During my internship at Tweag, I’ve been given the opportunity to work on GHC alongside Simon Peyton Jones at Microsoft Research Cambridge (MSRC) and my Tweag supervisor Richard Eisenberg. During a visit at MSRC, I got caught up in a discussion regarding the lazy or eager instantiation of type variables in GHC.

This discussion serves as a great showcase for how language design works in practice: it is a hard and involved process where not everyone will agree on the same answers. In this blog post I will show both sides of the discussion in order to:

  1. Showcase the kind of tradeoffs that are made in language design.
  2. Clarify this discussion and its relevance for the Haskell language and its community.
  3. Make sure that you, as a Haskell developer, are sufficiently informed when you encounter the problems described here in your day to day life.

I thus wholeheartedly encourage you to visit the GitHub thread after reading this post!
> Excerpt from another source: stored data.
-- ===== src/Voice/Sentences/Lossless.antt =====
-- What `splitSentences` of voice/speakable.go gives back.
use mathlib.Core.Path.{subst}
use aikido.Prelude.{
  ℕ, zero, suc, ◌+◌, ◌-◌, ◌≤◌, ◌<◌, true, false, Option, none, some, List, [], ◌∷◌, ◌++◌, Bytes,
  length, is_empty, take, drop, if_cases, ◌≡◌, refl, sym, ap, ◌∙◌, arith, inl, inr, ◌⊎◌,
  length-drop, take_all, take-append-drop,
}
use aikido.Prelude.Runes.{range}
use aikido.Llm.Vocabulary.{span}
use aikido.Voice.Sentences.Order.{Spaced, next, range_from-Spaced, weaken-Spaced}
use aikido.Voice.Sentences.{
  trimmed, terminator, boundary, is_held, Split, add_sentence, choose, split_from, split_sentences,
}

-- a text is cut into sentences that are no white space, pieces of white space that are left out,
-- and the rest
pub data Cuts : Bytes → List Bytes → Bytes → Type 0 where
  rest : {r : Bytes} → Cuts r [] r
  sentence :
      (s : Bytes) {t r : Bytes} {ss : List Bytes}
      → is_empty (trimmed s) ≡ false
      → Cuts t ss r
      → Cuts (s ++ t) (s ∷ ss) r
  blank :
      (s : Bytes) {t r : Bytes} {ss : List Bytes}
      → is_empty (trimmed s) ≡ true
      → Cuts t ss r
      → Cuts (s ++ t) ss r

drop-drop : (m n k : ℕ) (s : Bytes) → k ≡ m + n → drop n (drop m s) ≡ drop k s
drop-drop zero n k s h = ap (λ j. drop j s) (omega (arith, h))
drop-drop (suc m) n zero s h = absurd (omega (arith, h))
drop-drop (suc m) zero (suc k) [] h = refl
drop-drop (suc m) (suc n) (suc k) [] h = refl
drop-drop (suc m) n (suc k) (x ∷ s) h = drop-drop m n k s (omega (arith, h))

piece-drop :
    (start end : ℕ) (s : Bytes)
    → start ≤ end
    → take (end - start) (drop start s) ++ drop end s ≡ drop start s
piece-drop start end s h =
    ap (λ t. take (end - start) (drop start s) ++ t)
      (sym (drop-drop start (end - start) end s (omega (arith, h))))
    ∙ take-append-drop (end - start) (drop start s)

boundary_lem :
    (buf : Bytes) (i r end : ℕ)
    → boundary buf i r ≡ some end
    → i < length buf
    → (i ≤ end) × (end ≤ length buf) × ((end ≡ i + 1) ⊎ (end ≡ i + terminator r))
unfolding boundary
boundary_lem buf i r end h l = ground (arith, h, l)

module _ (buf : Bytes) where
  abbrev Gives : ℕ → Option Split → Type 0
  Gives start o = (ss : List Bytes) × (r : Bytes) × (o ≡ some (ss, r)) × Cuts (drop start buf) ss r

  add-Gives :
      (start end : ℕ) (o : Option Split)
      → start ≤ end
      → Gives end o
      → Gives start (add_sentence (take (end - start) (drop start buf)) o)
  add-Gives start end o h (ss, r, e, c) = rw e (
      if_cases (λ (l : List Bytes). Gives start (some (l, r))) (is_empty (trimmed s))
        (λ b. (ss, r, refl, joined (blank s b c)))
        (λ b. (s ∷ ss, r, refl, joined (sentence s b c))))
    where
      s : Bytes
      s = take (end - start) (drop start buf)

      joined : {l : List Bytes} → Cuts (s ++ drop end buf) l r → Cuts (drop start buf) l r
      joined {l} k = subst (λ t. Cuts t l r) (piece-drop start end buf h) k

  span-some :
      (start end : ℕ)
      → start ≤ end
      → end ≤ length buf
      → span buf start end ≡ some (take (end - start) (drop start buf))
  span-some start end h l = ground (arith, h, l)

  choose-Gives :
      (start end r : ℕ) (on cut : Option Split)
      → start ≤ end
      → end ≤ length buf
      → Gives start on
      → Gives end cut
      → Gives start (choose r (span buf start end) on cut)
  choose-Gives start end r on cut h l a b =
      subst (λ o. Gives start (choose r o on cut)) (sym (span-some start end h l))
        (if_cases (Gives start) (is_held (take (end - start) (drop start buf)) r) (λ _. a)
          (λ _. add-Gives start end cut h b))

  -- the loop's body, where each boundary is behind the start and the rest is known from there on
  step-Gives :
      (start : ℕ) (r : ℕ) (on : Option Split) (cut : ℕ → Option Split) (o : Option ℕ)
      → ((end : ℕ) → o ≡ some end → (start ≤ end) × (end ≤ length buf) × Gives end (cut end))
      → Gives start on
      → Gives start (elim o [ none ↦ on | some end ↦ choose r (span buf start end) on (cut end) ])
  step-Gives start r on cut none h a = a
  step-Gives start r on cut (some end) h a =
      let (low, high, b) = h end refl in choose-Gives start end r on (cut end) low high a b

  split_from-Gives :
      (start : ℕ) (rs : List (ℕ × ℕ))
      → start ≤ length buf
      → Spaced (length buf) start rs
      → Gives start (split_from buf start rs)
  unfolding split_from
  split_from-Gives start [] h t = rw (span-some start (length buf) h (omega arith)) (
    [],
    drop start buf,
    ap (λ r. some ([], r)) (take_all _ _ (omega (arith, length-drop start buf))),
    rest,
  )
  split_from-Gives start ((i, r) ∷ rs) h (next {high} a b c d t) =
      step-Gives start r (split_from buf start rs) (λ end. split_from buf end rs) (boundary buf i r)
        (λ end e.
          let (low, top, which) = boundary_lem buf i r end e b in
          (
            omega (arith, a, low),
            top,
            split_from-Gives end rs top (weaken-Spaced _ end high rs (behind end which) t),
          ))
        (split_from-Gives start rs h (weaken-Spaced _ start high rs (omega (arith, a, c)) t))
    where
      behind : (end : ℕ) → (end ≡ i + 1) ⊎ (end ≡ i + terminator r) → end ≤ high
      behind end (inl e) = omega (arith, e, c)
      behind end (inr e) = omega (arith, e, d)

  -- `splitSentences` never slices out of range. Its sentences and the rest, in order, are the text
  -- but for pieces that are white space, which stand between them and are left out; no sentence is
  -- white space.
  pub split_sentences-Cuts :
      (ss : List Bytes) × (r : Bytes) × (split_sentences buf ≡ some (ss, r)) × Cuts buf ss r
  unfolding split_sentences
  split_sentences-Cuts =
      split_from-Gives 0 (range buf) (omega arith)
        (range_from-Spaced (length buf) 0 0 buf (omega arith))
You can find all the code examples from this blog post here.

What’s the Problem?

Over the past few months, we encountered the following three issues:

Synonyms

Consider the following example, where we define myConst to be a synonym for const, whose type is forall a b. a -> b -> a:

myConst = const

When inferring the type for myConst, the compiler instantiates the type of const, meaning that the type variables a and b get replaced by (potentially yet unknown) types. Afterwards, the compiler generalises this type, meaning that all remaining unknown types get bound using new forall binders.

But should the resulting type for myConst be forall a b. a -> b -> a or forall b a. a -> b -> a? There is no way for the compiler to know the intended order of the generalised variables. While these types look equivalent, they are most certainly not in combination with type applications. Should the type of myConst @Int be forall b. Int -> b -> Int or forall a. a -> Int -> a?

For this reason GHC only allows type application for user defined type variables, called “specified” variables. Compiler generated variables, called “inferred” variables, can never be manually instantiated, and GHC marks them using braces, resulting in forall {a} {b}. a -> b -> a. If you want to know more about this distinction, you can read my last blog post, which goes into much greater depth on the topic.

This means that myConst and const do not have the same type, which contradicts our intuition that they should behave identically.

Type Abstraction

While discussing type inference for type abstraction in lambda binders, another issue popped up, this time related to type abstraction, as discussed in this accepted (but not yet implemented) GHC proposal. Just as you would write a lambda binder \ x -> e to introduce a term variable x and bring it into scope in e, this proposal allows \ @a -> e to bind a type variable a and bring it into scope in e.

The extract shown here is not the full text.